In connection with the Utah Veterans’ visit to South Korea in 2009, the story of the spoon became part of a film documentary produced by Korean National Television which has been shown widely across that country. That fact leads to the second part of this nearly sixty-year-old story.
Among those citizens of South Korea who watched the documentary was 28-year-old Kang Hur of Seoul, whose parents had lived through the war but who, himself, had been born long afterward. For Kang, the film brought about an awakening to the realization that he had become so comfortable with the freedom he inherited, that he had failed to experience the deep sense of gratitude which now overwhelmed him. For Kang, revisiting the history of United States intervention brought about an epiphany, and for some reason, he was especially touched by the story of the spoon. All of this is recorded in a letter he sent to me by way of Mrs.

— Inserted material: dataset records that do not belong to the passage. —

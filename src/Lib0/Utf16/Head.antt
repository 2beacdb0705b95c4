-- ===== src/Lib0/Utf16/Head.antt =====
-- The first part of a string that is split has as many code units as the offset says.
use crdt_server.Base.{
  ℕ, zero, suc, ◌+◌, ◌-◌, ◌≤◌, ◌<◌, ◌≡◌, refl, sym, ap, ◌∙◌, List, [], ◌∷◌, ◌++◌, append-nil,
  append_assoc, Bool, true, false, some, ltb, ◌==◌, length, if◌then◌else◌, arith, inl, inr,
  if-cases, is_positive, ◌&&◌, Bool-cases,
}
use crdt_server.Lib0.Utf16.{
  rune, rune_error, between, second_of_three, second_of_four, two_bytes, three_bytes, four_bytes,
  decode_rune, units, count_units, utf16_length, split_loop, split_utf16,
}
use crdt_server.Lib0.Utf16.Split.{pair-eq}

-- A rune that does not fit in what is left is not one.
short :
    (b : Bool) (v w n : ℕ)
    → (if b then rune v w else rune_error).width ≤ n
    → n < w
    → rune_error ≡ (if b then rune v w else rune_error)
short true v w n h k = absurd (omega (arith, h, k))
short false v w n h k = refl

two_bytes-prefix :
    (b : ℕ) (h t : List ℕ)
    → (two_bytes b (h ++ t)).width ≤ suc (length h)
    → two_bytes b h ≡ two_bytes b (h ++ t)
unfolding two_bytes
two_bytes-prefix b [] [] w = refl
two_bytes-prefix b [] (c ∷ t) w = short (between 0x80 0xBF c) _ 2 1 w (omega arith)
two_bytes-prefix b (c ∷ h) t w = refl

abbrev is_four : ℕ → ℕ → ℕ → ℕ → Bool
is_four b c d f = second_of_four b c && between 0x80 0xBF d && between 0x80 0xBF f

three_bytes-prefix :
    (b : ℕ) (h t : List ℕ)
    → (three_bytes b (h ++ t)).width ≤ suc (length h)
    → three_bytes b h ≡ three_bytes b (h ++ t)
unfolding three_bytes
three_bytes-prefix b [] [] w = refl
three_bytes-prefix b [] (c ∷ []) w = refl
three_bytes-prefix b [] (c ∷ d ∷ t) w =
    short (second_of_three b c && between 0x80 0xBF d) _ 3 1 w (omega arith)
three_bytes-prefix b (c ∷ []) [] w = refl
three_bytes-prefix b (c ∷ []) (d ∷ t) w =
    short (second_of_three b c && between 0x80 0xBF d) _ 3 2 w (omega arith)
three_bytes-prefix b (c ∷ d ∷ h) t w = refl

four_bytes-prefix :
    (b : ℕ) (h t : List ℕ)
    → (four_bytes b (h ++ t)).width ≤ suc (length h)
    → four_bytes b h ≡ four_bytes b (h ++ t)
unfolding four_bytes
four_bytes-prefix b [] [] w = refl
four_bytes-prefix b [] (c ∷ []) w = refl
four_bytes-prefix b [] (c ∷ d ∷ []) w = refl
four_bytes-prefix b [] (c ∷ d ∷ f ∷ t) w = short (is_four b c d f) _ 4 1 w (omega arith)
four_bytes-prefix b (c ∷ []) [] w = refl
four_bytes-prefix b (c ∷ []) (d ∷ []) w = refl
four_bytes-prefix b (c ∷ []) (d ∷ f ∷ t) w = short (is_four b c d f) _ 4 2 w (omega arith)
four_bytes-prefix b (c ∷ d ∷ []) [] w = refl
four_bytes-prefix b (c ∷ d ∷ []) (f ∷ t) w = short (is_four b c d f) _ 4 3 w (omega arith)
four_bytes-prefix b (c ∷ d ∷ f ∷ h) t w = refl

-- A rune is decoded from its own bytes.
decode_rune-prefix :
    (b : ℕ) (h t : List ℕ)
    → (decode_rune b (h ++ t)).width ≤ suc (length h)
    → decode_rune b h ≡ decode_rune b (h ++ t)
unfolding decode_rune
decode_rune-prefix b h t w = elim (Bool-cases (ltb b 0x80)) [
  | inl e ↦ rw e refl
  | inr e ↦ elim (Bool-cases (between 0xC2 0xDF b)) [
    | inl e₂ ↦ rw (e, e₂) (two_bytes-prefix b h t (rw (e, e₂) at w))
    | inr e₂ ↦ elim (Bool-cases (between 0xE0 0xEF b)) [
      | inl e₃ ↦ rw (e, e₂, e₃) (three_bytes-prefix b h t (rw (e, e₂, e₃) at w))
      | inr e₃ ↦ elim (Bool-cases (between 0xF0 0xF4 b)) [
        | inl e₄ ↦ rw (e, e₂, e₃, e₄) (four_bytes-prefix b h t (rw (e, e₂, e₃, e₄) at w))
        | inr e₄ ↦ rw (e, e₂, e₃, e₄) refl
      ]
    ]
  ]
]

-- The first part as it comes out of the loop, which has passed `front` already. It ends with a
-- whole rune.
record Head (skip seen n : ℕ) (front s head tail : List ℕ) : Type 0 where
  passed : List ℕ
  all : head ≡ front ++ passed
  split : s ≡ passed ++ tail
  count : seen + count_units skip passed ≡ n
  fits : skip ≤ length passed

fits_lem : (b : Bool) (v w n : ℕ) → w ≤ n + 1 → (if b then rune v w else rune_error).width - 1 ≤ n
fits_lem true v w n h = omega (arith, h)
fits_lem false v w n h = omega arith

two_bytes-width : (b : ℕ) (s : List ℕ) → (two_bytes b s).width - 1 ≤ length s
unfolding two_bytes
two_bytes-width b [] = omega arith
two_bytes-width b (c ∷ s) = fits_lem (between 0x80 0xBF c) _ 2 (suc (length s)) (omega arith)

three_bytes-width : (b : ℕ) (s : List ℕ) → (three_bytes b s).width - 1 ≤ length s
unfolding three_bytes
three_bytes-width b [] = omega arith
three_bytes-width b (c ∷ []) = omega arith
three_bytes-width b (c ∷ d ∷ s) =
    fits_lem (second_of_three b c && between 0x80 0xBF d) _ 3 (suc (suc (length s))) (omega arith)

four_bytes-width : (b : ℕ) (s : List ℕ) → (four_bytes b s).width - 1 ≤ length s
unfolding four_bytes
four_bytes-width b [] = omega arith
four_bytes-width b (c ∷ []) = omega arith
four_bytes-width b (c ∷ d ∷ []) = omega arith
four_bytes-width b (c ∷ d ∷ f ∷ s) =
    fits_lem (is_four b c d f) _ 4 (suc (suc (suc (length s)))) (omega arith)

width-le : (b : ℕ) (s : List ℕ) → (decode_rune b s).width - 1 ≤ length s
unfolding decode_rune two_bytes three_bytes four_bytes
width-le b s = elim (Bool-cases (ltb b 0x80)) [
  | inl e ↦ rw e (omega arith)
  | inr e ↦ elim (Bool-cases (between 0xC2 0xDF b)) [
    | inl e₂ ↦ rw (e, e₂) (two_bytes-width b s)
    | inr e₂ ↦ elim (Bool-cases (between 0xE0 0xEF b)) [
      | inl e₃ ↦ rw (e, e₂, e₃) (three_bytes-width b s)
      | inr e₃ ↦ elim (Bool-cases (between 0xF0 0xF4 b)) [
        | inl e₄ ↦ rw (e, e₂, e₃, e₄) (four_bytes-width b s)
        | inr e₄ ↦ rw (e, e₂, e₃, e₄) (omega arith)
      ]
    ]
  ]
]

split_loop-Head :
    (s : List ℕ) (skip seen n : ℕ) (front head tail : List ℕ)
    → skip ≤ length s
    → split_loop skip seen n front s ≡ some (head, tail)
    → Head skip seen n front s head tail
unfolding split_loop count_units
split_loop-Head [] zero seen n front head tail k h = elim (if-cases (seen == n) h) [
  | inr (_, e) ↦ cc
  | inl (at, e) ↦
      let (eh, et) = pair-eq _ (head, tail) e in
      record {
        passed = [];
        all = sym eh ∙ sym (append-nil front);
        split = et;
        count = ground arith;
        fits = k;
      }
]
split_loop-Head [] (suc skip) seen n front head tail k h = absurd (omega (arith, k))
split_loop-Head (b ∷ bs) (suc skip) seen n front head tail k h =
    let r = split_loop-Head bs skip seen n (front ++ (b ∷ [])) head tail (omega (arith, k)) h in
    record {
      passed = b ∷ r.passed;
      all = r.all ∙ append_assoc front (b ∷ []) r.passed;
      split = ap (λ x. b ∷ x) r.split;
      count = r.count;
      fits = omega (arith, r.fits);
    }
split_loop-Head (b ∷ bs) zero seen n front head tail k h = elim (if-cases (seen == n) h) [
  | inl (at, e) ↦
      let (eh, et) = pair-eq _ (head, tail) e in
      record {
        passed = [];
        all = sym eh ∙ sym (append-nil front);
        split = et;
        count = ground arith;
        fits = omega arith;
      }
  | inr (_, e) ↦ elim (if-cases (ltb n (seen + units (decode_rune b bs))) e) [
    | inl (_, e) ↦ cc
    | inr (_, e) ↦
        let seen' = seen + units (decode_rune b bs) in
        let r =
          split_loop-Head bs ((decode_rune b bs).width - 1) seen' n (front ++ (b ∷ [])) head tail
            (width-le b bs) e in
        let whole : decode_rune b bs ≡ decode_rune b (r.passed ++ tail) =
          ap (decode_rune b) r.split in
        let small : (decode_rune b bs).width ≤ suc (length r.passed) = omega (arith, r.fits) in
        let same : decode_rune b r.passed ≡ decode_rune b bs =
          decode_rune-prefix b r.passed tail (rw whole at small) ∙ sym whole in
        record {
          passed = b ∷ r.passed;
          all = r.all ∙ append_assoc front (b ∷ []) r.passed;
          split = ap (λ x. b ∷ x) r.split;
          count = rw same (omega (arith, r.count));
          fits = omega arith;
        }
  ]
]

-- Where a string is split at a positive offset, the first part has as many code units.
pub utf16_length-head :
    (s : List ℕ) (n : ℕ) (head tail : List ℕ)
    → is_positive n ≡ true
    → split_utf16 s n ≡ some (head, tail)
    → utf16_length head ≡ n
unfolding split_utf16 utf16_length
utf16_length-head s n head tail p h =
    let r = split_loop-Head s 0 0 n [] head tail (omega arith) (rw p at h) in
    rw r.all (omega (arith, r.count))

Sunny Lee, a Korean-American friend and neighbor, who had been the moving force behind both the Veterans’ Revisit and the documentary. With her own emotions impossible to hide, Sunny translated the touching letter for Shirley and me. The two-page letter itself is a thing of beauty, elegantly hand-printed with great precision in Korean characters. The letter had been attached to an attractive gift box, in which lay nestled an incredibly-beautiful matched pair of engraved, gold-plated Korean spoons and chop sticks.
The 2010 gift of sparkling gold has taken its place near my “treasure chest” and next to the 1952 gift of hammered brass. And Kang Hur’s heartfelt letter sings to me like an echo of that long-ago moment in time.